### Exercise
Exactly the lines from the top of the records below through the one containing "more_than_one : (l" must be set down, with no line added or dropped.

(Dataset entries)

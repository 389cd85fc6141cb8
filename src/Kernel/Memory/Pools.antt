-- ===== src/Kernel/Memory/Pools.antt =====
-- kmallocP and kfreeP of kernel/memory.c, and which blocks are in use.
use openblt.Prelude.{
  update, not, ◌-ℤ◌, ap, ◌+ℤ◌, zero, ℕ, suc, ◌+◌, ◌*◌, ◌≤◌, ◌<◌, ◌==◌, ◌≡◌, ◌≢◌, Bool, true, false,
  ◌||◌, List, ◌∷◌, leb, arith, has, Distinct, pos, [], refl, ◌&&◌, some, ltb, ==_refl, length,
}
use openblt.Kernel.FreeList.{Chain, Chain-update}
use openblt.Kernel.Memory.{recycle, shave, Pool, Heap, kmmax, kmalloc_p, kfree_p, give_back}

abbrev pub held : List ℕ → List ℕ → ℕ → Bool
held used free b = has b used || has b free

-- Two blocks of `size` bytes are the same or do not overlap.
abbrev pub clear : ℕ → ℕ → ℕ → Bool
clear size a b = (a == b) || leb (a + size) b || leb (b + size) a

-- The blocks of a pool that are in use and those that are free. The free ones are chained through
-- their first words, and none overlaps another or the fresh part of the page.
pub record IsPool (next : ℕ → ℕ) (km : Pool) (used free : List ℕ) : Type 0 where
  pub sized : 0 < km.size
  pub small : km.size ≤ 4096
  pub chain : Chain next km.free_chain free
  pub free_distinct : Distinct free
  pub apart : (b : ℕ) → has b used ≡ true → has b free ≡ false
  pub blocks :
      (a b : ℕ) → held used free a ≡ true → held used free b ≡ true → clear km.size a b ≡ true
  pub left : ℕ
  pub count : km.fresh_count ≡ pos (suc left)
  pub fresh :
      (b : ℕ)
      → held used free b ≡ true
      → (leb (b + km.size) km.fresh_chain || leb (km.fresh_chain + suc left * km.size) b) ≡ true
  pub real : (b : ℕ) → held used free b ≡ true → b ≢ 0
  pub fresh_real : km.fresh_chain ≢ 0

more_than_one : (l size : ℕ) → suc (suc l) * size ≡ size + suc l * size
more_than_one l size = grind arith

-- A block of a run of fresh blocks is the first of them or starts in the rest.
run_first : (n size : ℕ) → size ≤ suc n * size
run_first n size = grind arith

module _ (next : ℕ → ℕ) (km : Pool) (used : List ℕ) where
  recycle-IsPool :
      (b : ℕ) (free : List ℕ)
      → IsPool next km used (b ∷ free)
      → IsPool next (recycle next km) (b ∷ used) free
  recycle-IsPool b free v = record {
    sized = v.sized;
    small = v.small;
    chain = ground (arith, v.chain);
    free_distinct = v.free_distinct.1;
    apart = λ x h. ground (arith, v.apart x, h, v.free_distinct);
    blocks = λ x y h g. v.blocks x y (ground (arith, h)) (ground (arith, g));
    left = v.left;
    count = v.count;
    fresh = λ x h. v.fresh x (ground (arith, h));
    real = λ x h. v.real x (ground (arith, h));
    fresh_real = v.fresh_real;
  }

  -- The next fresh block is not in use.
  pub fresh_unused : IsPool next km used [] → has km.fresh_chain used ≡ false
  fresh_unused v = ground (arith, v.fresh km.fresh_chain, v.sized, run_first v.left km.size)

  module _ (v : IsPool next km used []) where
    abbrev b : ℕ
    b = km.fresh_chain

    fresh_clear : (x : ℕ) → held (b ∷ used) [] x ≡ true → clear km.size x b ≡ true
    fresh_clear x h = ground (arith, v.fresh x, h, run_first v.left km.size)

    shaved_blocks :
        (x y : ℕ)
        → held (b ∷ used) [] x ≡ true
        → held (b ∷ used) [] y ≡ true
        → clear km.size x y ≡ true
    shaved_blocks x y h g = ground (arith, v.blocks x y, fresh_clear x h, fresh_clear y g, h, g)

    bumped : ℕ → Pool
    bumped l = record km {
      used_count = km.used_count +ℤ pos 1;
      fresh_count = pos (suc l);
      fresh_chain = km.fresh_chain + km.size;
    }

    bumped-IsPool : (l : ℕ) → v.left ≡ suc l → IsPool next (bumped l) (b ∷ used) []
    unfolding bumped
    bumped-IsPool l e = record {
      sized = v.sized;
      small = v.small;
      chain = v.chain;
      free_distinct = tt;
      apart = λ x h. refl;
      blocks = shaved_blocks;
      left = l;
      count = refl;
      fresh = λ x h. ground (arith, h, v.fresh x, e, more_than_one l km.size);
      real = λ x h. ground (arith, v.real x, v.fresh_real, h);
      fresh_real = ground (arith, v.fresh_real);
    }

    -- With more than one fresh block no page is needed.
    shave-IsPool : 0 < v.left → (d : Pool) × (shave km ≡ some d) × IsPool next d (b ∷ used) []
    unfolding bumped
    shave-IsPool more = by_left v.left refl more
      where
        by_left :
            (l : ℕ)
            → v.left ≡ l
            → 0 < l
            → (d : Pool) × (shave km ≡ some d) × IsPool next d (b ∷ used) []
        by_left zero e h = absurd (omega (arith, h))
        by_left (suc l) e h =
            let left : km.fresh_count -ℤ pos 1 ≡ pos (suc l) = ground (arith, v.count, e) in
            (bumped l, rw left refl, bumped-IsPool l e)

-- A block of the pool `c`, not in use before, and the pool with it in use.
pub record Allocated (m : Heap) (c : ℕ) (used : List ℕ) (m' : Heap) (block : ℕ) : Type 0 where
  pub unused : has block used ≡ false
  pub free : List ℕ
  pub pool : IsPool m'.next (m'.km_map c) (block ∷ used) free
  pub others : (d : ℕ) → (d == c) ≡ false → m'.km_map d ≡ m.km_map d

module _ (m : Heap) (c : ℕ) (used : List ℕ) (known : c < kmmax) where
  -- kmallocP of a pool below KMMAX, where its blocks in use, its free blocks and its fresh blocks
  -- do not overlap and it has a free block or more than one fresh block, so that it takes no page,
  -- returns a block that was not in use; the pool is well formed with that block in use, and no
  -- other pool changes.
  pub kmalloc_p-Allocated :
      (free : List ℕ) (v : IsPool m.next (m.km_map c) used free)
      → 0 < length free + v.left
      → (m' : Heap) × (block : ℕ) × (kmalloc_p c m ≡ some (m', block)) × Allocated m c used m' block
  unfolding kmalloc_p
  kmalloc_p-Allocated [] v more =
      let km = m.km_map c in
      let none_free : (km.free_chain == 0) ≡ true = ground (arith, v.chain) in
      let in_range : leb kmmax c ≡ false = ground (arith, known) in
      let (d, e, w) = shave-IsPool m.next km used v (omega (arith, more)) in
      (
        record m { km_map = update m.km_map c d },
        km.fresh_chain,
        rw (in_range, none_free, e) refl,
        record {
          unused = fresh_unused m.next km used v;
          free = [];
          pool = rw (==_refl c) w;
          others = λ d n. ground (arith, n);
        },
      )
  kmalloc_p-Allocated (b ∷ free) v more =
      let km = m.km_map c in
      let some_free : (km.free_chain == 0) ≡ false = ground (arith, v.chain) in
      let in_range : leb kmmax c ≡ false = ground (arith, known) in
      (
        record m { km_map = update m.km_map c (recycle m.next km) },
        b,
        rw (in_range, some_free)
            (ap (λ (x : ℕ). some (record m { km_map = update m.km_map c (recycle m.next km) }, x))
              v.chain.0),
        record {
          unused = ground (arith, v.apart b, ==_refl b);
          free = free;
          pool = rw (==_refl c) (recycle-IsPool m.next km used b free v);
          others = λ d n. ground (arith, n);
        },
      )

  -- kfreeP of a block that is in use in a well formed pool below KMMAX succeeds, and leaves a well
  -- formed pool in which that block is the first free one and no longer in use.
  pub kfree_p-IsPool :
      (free : List ℕ) (b : ℕ) (rest : List ℕ)
      → IsPool m.next (m.km_map c) used free
      → has b used ≡ true
      → ((x : ℕ) → has x rest ≡ (has x used && not (b == x)))
      → (m' : Heap) × (kfree_p c b m ≡ some m') × IsPool m'.next (m'.km_map c) rest (b ∷ free)
  unfolding kfree_p
  kfree_p-IsPool free b rest v h r =
      let km = m.km_map c in
      let in_range : ltb kmmax c ≡ false = ground (arith, known) in
      (
        record m {
          km_map = update m.km_map c (give_back b km);
          next = update m.next b km.free_chain;
        },
        rw in_range,
        rw (==_refl c) (record {
          sized = v.sized;
          small = v.small;
          chain = (
            refl,
            v.real b (ground (arith, h)),
            ground (
              arith,
              ==_refl b,
              Chain-update m.next b km.free_chain km.free_chain free (v.apart b h) v.chain,
            ),
          );
          free_distinct = (v.apart b h, v.free_distinct);
          apart = λ x g. ground (arith, r x, v.apart x, g);
          blocks = λ x y g i. v.blocks x y (ground (arith, r x, g, h)) (ground (arith, r y, i, h));
          left = v.left;
          count = v.count;
          fresh = λ x g. v.fresh x (ground (arith, r x, g, h));
          real = λ x g. v.real x (ground (arith, r x, g, h));
          fresh_real = v.fresh_real;
        }),
      )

### Exercise output
repository 389cd85fc6141cb8
filename src/Kernel/Memory/Pools.antt
-- ===== src/Kernel/Memory/Pools.antt =====
-- kmallocP and kfreeP of kernel/memory.c, and which blocks are in use.
use openblt.Prelude.{
  update, not, ◌-ℤ◌, ap, ◌+ℤ◌, zero, ℕ, suc, ◌+◌, ◌*◌, ◌≤◌, ◌<◌, ◌==◌, ◌≡◌, ◌≢◌, Bool, true, false,
  ◌||◌, List, ◌∷◌, leb, arith, has, Distinct, pos, [], refl, ◌&&◌, some, ltb, ==_refl, length,
}
use openblt.Kernel.FreeList.{Chain, Chain-update}
use openblt.Kernel.Memory.{recycle, shave, Pool, Heap, kmmax, kmalloc_p, kfree_p, give_back}

abbrev pub held : List ℕ → List ℕ → ℕ → Bool
held used free b = has b used || has b free

-- Two blocks of `size` bytes are the same or do not overlap.
abbrev pub clear : ℕ → ℕ → ℕ → Bool
clear size a b = (a == b) || leb (a + size) b || leb (b + size) a

-- The blocks of a pool that are in use and those that are free. The free ones are chained through
-- their first words, and none overlaps another or the fresh part of the page.
pub record IsPool (next : ℕ → ℕ) (km : Pool) (used free : List ℕ) : Type 0 where
  pub sized : 0 < km.size
  pub small : km.size ≤ 4096
  pub chain : Chain next km.free_chain free
  pub free_distinct : Distinct free
  pub apart : (b : ℕ) → has b used ≡ true → has b free ≡ false
  pub blocks :
      (a b : ℕ) → held used free a ≡ true → held used free b ≡ true → clear km.size a b ≡ true
  pub left : ℕ
  pub count : km.fresh_count ≡ pos (suc left)
  pub fresh :
      (b : ℕ)
      → held used free b ≡ true
      → (leb (b + km.size) km.fresh_chain || leb (km.fresh_chain + suc left * km.size) b) ≡ true
  pub real : (b : ℕ) → held used free b ≡ true → b ≢ 0
  pub fresh_real : km.fresh_chain ≢ 0

more_than_one : (l size : ℕ) → suc (suc l) * size ≡ size + suc l * size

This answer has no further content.